**PROMPT**. Look through the listing below and count the lines holding "ParseError". Reply with the number alone.

□ □ □ □ □

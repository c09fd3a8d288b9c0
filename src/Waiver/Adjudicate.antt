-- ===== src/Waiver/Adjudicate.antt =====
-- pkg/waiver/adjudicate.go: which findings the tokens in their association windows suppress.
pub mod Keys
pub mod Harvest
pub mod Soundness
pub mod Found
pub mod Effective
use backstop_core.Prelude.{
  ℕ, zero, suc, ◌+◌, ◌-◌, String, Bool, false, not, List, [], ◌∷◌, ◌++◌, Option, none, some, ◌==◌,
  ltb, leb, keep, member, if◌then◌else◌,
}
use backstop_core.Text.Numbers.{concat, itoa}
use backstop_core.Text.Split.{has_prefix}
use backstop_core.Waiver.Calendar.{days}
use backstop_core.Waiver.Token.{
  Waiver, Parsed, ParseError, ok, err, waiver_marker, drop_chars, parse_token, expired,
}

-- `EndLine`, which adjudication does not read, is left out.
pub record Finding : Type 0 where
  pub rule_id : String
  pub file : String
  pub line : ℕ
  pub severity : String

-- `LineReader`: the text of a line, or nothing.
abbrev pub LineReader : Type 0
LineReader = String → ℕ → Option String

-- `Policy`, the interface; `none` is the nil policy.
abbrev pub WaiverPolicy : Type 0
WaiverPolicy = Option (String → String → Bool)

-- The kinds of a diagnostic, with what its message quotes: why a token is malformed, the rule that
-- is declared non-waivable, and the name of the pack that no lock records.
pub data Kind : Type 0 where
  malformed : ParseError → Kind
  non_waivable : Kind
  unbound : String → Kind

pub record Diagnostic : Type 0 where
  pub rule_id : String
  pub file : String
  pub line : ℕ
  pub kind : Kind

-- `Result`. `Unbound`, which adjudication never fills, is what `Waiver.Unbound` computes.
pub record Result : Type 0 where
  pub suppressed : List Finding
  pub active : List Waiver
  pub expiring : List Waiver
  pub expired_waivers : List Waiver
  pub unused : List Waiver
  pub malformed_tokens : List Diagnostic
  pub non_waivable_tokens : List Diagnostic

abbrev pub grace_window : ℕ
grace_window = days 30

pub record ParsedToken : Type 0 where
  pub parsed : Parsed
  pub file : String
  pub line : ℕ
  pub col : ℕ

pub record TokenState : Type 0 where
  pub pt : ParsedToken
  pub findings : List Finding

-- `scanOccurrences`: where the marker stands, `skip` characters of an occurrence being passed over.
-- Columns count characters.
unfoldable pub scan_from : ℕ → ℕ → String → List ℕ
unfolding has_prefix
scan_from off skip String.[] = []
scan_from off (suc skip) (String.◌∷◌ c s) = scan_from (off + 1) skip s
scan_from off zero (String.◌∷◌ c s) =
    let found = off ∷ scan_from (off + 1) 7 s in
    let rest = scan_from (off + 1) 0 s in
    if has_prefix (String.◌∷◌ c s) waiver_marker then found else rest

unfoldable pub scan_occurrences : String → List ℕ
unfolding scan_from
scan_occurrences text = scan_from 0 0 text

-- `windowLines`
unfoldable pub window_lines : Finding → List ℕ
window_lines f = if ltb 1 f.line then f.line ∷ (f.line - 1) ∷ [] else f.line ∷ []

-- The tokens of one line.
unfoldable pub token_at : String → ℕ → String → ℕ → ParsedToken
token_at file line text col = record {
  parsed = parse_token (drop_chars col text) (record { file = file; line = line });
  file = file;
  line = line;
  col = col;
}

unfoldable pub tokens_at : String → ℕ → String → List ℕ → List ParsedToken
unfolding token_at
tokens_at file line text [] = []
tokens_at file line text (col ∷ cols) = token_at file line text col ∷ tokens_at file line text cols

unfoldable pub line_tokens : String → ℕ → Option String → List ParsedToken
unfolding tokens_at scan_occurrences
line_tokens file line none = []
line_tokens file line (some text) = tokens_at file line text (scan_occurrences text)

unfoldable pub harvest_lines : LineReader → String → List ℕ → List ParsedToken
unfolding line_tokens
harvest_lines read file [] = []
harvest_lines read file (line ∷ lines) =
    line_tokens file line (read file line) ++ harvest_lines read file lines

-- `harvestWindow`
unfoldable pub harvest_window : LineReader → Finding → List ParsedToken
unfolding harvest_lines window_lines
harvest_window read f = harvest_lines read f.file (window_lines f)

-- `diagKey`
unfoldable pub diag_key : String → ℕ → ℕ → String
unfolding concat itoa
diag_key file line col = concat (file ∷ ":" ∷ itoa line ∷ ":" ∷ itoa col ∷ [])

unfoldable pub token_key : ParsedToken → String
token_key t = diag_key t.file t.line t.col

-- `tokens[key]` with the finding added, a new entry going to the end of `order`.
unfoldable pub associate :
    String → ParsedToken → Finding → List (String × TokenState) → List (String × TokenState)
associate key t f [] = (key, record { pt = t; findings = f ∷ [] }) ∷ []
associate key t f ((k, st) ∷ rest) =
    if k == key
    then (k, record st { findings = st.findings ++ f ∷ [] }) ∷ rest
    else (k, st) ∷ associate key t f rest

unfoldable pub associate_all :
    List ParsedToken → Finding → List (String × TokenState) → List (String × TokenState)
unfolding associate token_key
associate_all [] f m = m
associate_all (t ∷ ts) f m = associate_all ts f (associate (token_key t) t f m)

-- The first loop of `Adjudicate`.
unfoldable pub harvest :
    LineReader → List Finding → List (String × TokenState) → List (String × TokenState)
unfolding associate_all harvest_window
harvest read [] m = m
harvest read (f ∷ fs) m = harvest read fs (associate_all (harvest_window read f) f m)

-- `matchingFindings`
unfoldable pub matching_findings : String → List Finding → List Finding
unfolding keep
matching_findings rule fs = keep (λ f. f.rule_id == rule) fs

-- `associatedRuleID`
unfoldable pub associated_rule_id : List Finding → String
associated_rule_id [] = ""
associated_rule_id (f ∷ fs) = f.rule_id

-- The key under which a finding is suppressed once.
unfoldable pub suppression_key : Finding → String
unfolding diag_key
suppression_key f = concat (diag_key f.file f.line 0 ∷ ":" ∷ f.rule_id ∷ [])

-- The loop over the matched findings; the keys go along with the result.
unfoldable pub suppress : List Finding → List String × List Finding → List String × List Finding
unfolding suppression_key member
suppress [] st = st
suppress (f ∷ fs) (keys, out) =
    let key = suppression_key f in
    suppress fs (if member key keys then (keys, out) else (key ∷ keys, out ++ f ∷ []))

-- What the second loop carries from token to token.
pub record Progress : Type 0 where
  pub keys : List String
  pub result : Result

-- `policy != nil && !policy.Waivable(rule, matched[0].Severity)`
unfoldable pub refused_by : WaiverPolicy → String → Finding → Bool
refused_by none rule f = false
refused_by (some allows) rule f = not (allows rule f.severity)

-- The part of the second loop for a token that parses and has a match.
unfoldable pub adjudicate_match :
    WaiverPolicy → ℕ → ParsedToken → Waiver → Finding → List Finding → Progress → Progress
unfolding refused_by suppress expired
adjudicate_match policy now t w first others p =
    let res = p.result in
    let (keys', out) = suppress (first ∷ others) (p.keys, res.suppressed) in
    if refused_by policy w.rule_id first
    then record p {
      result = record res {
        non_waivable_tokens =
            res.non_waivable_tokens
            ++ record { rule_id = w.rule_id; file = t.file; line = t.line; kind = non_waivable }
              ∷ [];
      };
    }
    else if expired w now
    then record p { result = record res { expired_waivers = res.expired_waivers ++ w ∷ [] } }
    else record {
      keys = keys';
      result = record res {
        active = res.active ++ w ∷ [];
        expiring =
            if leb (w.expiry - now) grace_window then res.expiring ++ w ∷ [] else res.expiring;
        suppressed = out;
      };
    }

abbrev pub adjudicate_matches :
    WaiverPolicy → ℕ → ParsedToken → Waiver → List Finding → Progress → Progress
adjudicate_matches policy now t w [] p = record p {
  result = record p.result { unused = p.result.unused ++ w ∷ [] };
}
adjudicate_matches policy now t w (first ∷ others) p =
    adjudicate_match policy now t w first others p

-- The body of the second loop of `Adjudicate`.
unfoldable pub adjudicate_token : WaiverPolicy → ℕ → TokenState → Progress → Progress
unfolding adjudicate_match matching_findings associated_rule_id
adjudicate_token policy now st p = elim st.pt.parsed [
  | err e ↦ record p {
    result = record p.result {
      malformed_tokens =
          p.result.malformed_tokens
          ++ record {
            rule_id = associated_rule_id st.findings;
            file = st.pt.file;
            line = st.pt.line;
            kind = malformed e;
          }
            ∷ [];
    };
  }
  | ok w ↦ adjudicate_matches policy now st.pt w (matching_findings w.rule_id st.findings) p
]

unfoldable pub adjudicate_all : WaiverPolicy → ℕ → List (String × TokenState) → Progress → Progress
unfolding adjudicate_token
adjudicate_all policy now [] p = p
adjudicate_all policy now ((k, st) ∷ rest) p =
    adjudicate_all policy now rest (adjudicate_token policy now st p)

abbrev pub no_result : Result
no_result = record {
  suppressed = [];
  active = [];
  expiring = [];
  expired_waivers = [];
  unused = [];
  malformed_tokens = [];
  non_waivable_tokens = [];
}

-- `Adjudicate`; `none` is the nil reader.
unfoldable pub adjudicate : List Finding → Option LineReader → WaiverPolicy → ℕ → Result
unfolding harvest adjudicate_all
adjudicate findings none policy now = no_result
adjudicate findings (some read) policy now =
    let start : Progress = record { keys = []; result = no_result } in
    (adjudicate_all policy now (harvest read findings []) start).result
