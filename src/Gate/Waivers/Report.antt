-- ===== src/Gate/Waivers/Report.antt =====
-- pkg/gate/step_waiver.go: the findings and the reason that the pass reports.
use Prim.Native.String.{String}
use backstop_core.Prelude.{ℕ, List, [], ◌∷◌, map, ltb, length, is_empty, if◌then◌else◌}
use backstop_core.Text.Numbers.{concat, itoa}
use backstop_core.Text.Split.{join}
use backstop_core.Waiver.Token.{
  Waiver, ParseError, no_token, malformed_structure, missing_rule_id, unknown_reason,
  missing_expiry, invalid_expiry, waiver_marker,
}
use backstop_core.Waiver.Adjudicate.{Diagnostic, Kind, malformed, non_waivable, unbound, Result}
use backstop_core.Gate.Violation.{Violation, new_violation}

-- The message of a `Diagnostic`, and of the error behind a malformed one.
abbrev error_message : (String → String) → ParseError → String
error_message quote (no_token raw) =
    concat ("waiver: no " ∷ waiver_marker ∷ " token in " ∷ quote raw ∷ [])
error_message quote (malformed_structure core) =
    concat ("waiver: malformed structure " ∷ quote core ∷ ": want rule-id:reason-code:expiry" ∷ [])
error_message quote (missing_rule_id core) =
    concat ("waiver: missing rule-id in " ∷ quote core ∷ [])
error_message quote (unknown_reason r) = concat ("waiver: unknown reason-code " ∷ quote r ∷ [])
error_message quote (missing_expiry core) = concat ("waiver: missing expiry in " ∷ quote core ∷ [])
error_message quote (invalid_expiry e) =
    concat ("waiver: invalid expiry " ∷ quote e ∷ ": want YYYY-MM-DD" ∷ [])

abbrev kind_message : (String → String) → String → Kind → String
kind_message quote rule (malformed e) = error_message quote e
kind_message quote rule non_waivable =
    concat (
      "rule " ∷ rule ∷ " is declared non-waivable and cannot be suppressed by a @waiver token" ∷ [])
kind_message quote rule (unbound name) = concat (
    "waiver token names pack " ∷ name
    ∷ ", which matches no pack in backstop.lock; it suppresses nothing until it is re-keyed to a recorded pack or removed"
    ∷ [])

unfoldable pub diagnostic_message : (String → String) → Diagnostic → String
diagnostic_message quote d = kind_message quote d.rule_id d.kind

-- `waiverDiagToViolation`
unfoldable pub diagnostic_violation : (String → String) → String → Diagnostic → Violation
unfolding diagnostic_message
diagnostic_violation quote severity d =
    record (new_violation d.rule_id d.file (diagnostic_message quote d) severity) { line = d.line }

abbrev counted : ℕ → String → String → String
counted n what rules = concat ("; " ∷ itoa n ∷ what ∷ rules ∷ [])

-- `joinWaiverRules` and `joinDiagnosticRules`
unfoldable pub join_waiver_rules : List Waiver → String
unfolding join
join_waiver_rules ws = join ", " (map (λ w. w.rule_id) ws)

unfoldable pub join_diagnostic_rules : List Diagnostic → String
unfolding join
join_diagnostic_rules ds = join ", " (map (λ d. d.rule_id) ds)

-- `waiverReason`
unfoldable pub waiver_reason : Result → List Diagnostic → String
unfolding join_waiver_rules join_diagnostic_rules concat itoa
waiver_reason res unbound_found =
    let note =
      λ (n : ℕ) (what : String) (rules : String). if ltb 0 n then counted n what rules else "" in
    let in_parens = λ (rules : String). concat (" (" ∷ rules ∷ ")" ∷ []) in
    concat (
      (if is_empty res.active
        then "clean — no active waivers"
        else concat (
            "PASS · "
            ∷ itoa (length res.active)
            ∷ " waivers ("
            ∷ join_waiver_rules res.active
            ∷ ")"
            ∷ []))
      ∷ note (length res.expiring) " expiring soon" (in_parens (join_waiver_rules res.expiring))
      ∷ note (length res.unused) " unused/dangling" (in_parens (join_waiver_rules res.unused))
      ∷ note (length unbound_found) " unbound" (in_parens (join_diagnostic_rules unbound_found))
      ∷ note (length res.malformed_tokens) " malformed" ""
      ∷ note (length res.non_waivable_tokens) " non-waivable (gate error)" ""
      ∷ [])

□ □ □ □ □

**RESPONSE BOX**. 4